§ WORK ORDER: Among the entries below, find the lines that hold the word "partition" and report them.

+ + + +

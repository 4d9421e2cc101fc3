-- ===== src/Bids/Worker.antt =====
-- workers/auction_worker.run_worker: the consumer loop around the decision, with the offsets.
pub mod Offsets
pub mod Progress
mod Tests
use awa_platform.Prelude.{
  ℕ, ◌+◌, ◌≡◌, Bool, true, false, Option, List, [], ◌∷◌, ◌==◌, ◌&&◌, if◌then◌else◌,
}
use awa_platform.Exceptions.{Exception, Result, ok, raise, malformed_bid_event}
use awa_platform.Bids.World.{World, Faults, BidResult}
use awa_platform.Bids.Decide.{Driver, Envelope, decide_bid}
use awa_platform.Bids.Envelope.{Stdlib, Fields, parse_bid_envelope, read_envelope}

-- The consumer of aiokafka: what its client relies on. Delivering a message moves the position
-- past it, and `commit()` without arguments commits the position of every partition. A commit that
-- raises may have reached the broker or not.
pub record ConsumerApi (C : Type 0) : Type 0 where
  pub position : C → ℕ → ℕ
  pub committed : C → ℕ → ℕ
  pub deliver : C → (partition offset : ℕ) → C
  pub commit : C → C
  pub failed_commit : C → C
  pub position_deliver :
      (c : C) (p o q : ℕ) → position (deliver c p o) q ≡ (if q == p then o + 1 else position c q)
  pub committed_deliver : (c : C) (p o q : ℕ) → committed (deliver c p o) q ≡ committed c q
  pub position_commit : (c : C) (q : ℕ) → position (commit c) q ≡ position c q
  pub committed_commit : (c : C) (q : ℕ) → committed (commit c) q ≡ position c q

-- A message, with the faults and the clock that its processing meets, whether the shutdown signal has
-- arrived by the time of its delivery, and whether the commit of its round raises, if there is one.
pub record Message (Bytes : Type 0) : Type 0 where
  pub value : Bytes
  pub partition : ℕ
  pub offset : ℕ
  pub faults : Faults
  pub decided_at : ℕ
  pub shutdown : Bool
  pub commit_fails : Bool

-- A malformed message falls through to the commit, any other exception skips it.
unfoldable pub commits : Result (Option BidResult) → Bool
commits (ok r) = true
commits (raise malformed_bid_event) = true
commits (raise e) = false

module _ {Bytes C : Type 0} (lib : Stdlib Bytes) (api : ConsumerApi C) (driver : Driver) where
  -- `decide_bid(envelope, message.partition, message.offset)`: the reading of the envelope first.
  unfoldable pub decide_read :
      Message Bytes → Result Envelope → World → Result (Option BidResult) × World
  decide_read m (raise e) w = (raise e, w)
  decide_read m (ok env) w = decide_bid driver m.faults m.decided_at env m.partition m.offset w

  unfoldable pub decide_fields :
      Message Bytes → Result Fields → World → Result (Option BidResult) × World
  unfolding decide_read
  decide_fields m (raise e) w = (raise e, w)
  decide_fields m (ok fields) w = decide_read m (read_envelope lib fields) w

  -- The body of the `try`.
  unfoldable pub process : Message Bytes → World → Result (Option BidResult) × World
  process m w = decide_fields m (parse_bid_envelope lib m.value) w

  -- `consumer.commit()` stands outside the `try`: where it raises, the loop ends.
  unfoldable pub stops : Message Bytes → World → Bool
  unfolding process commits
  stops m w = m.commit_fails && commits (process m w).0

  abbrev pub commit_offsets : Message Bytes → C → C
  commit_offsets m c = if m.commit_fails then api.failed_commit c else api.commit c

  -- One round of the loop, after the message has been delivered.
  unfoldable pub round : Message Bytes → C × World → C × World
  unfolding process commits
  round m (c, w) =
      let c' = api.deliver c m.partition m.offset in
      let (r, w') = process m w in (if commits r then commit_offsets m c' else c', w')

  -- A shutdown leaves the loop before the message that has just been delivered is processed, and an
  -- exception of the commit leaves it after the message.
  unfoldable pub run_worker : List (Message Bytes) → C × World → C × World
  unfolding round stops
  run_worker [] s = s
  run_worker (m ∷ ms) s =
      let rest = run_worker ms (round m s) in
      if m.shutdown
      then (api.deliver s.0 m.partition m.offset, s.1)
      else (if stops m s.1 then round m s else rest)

+ + + +

§ EXPECTED ANSWER:
-- past it, and `commit()` without arguments commits the position of every partition. A commit that
  pub deliver : C → (partition offset : ℕ) → C
  pub partition : ℕ
  -- `decide_bid(envelope, message.partition, message.offset)`: the reading of the envelope first.
  decide_read m (ok env) w = decide_bid driver m.faults m.decided_at env m.partition m.offset w
      let c' = api.deliver c m.partition m.offset in
      then (api.deliver s.0 m.partition m.offset, s.1)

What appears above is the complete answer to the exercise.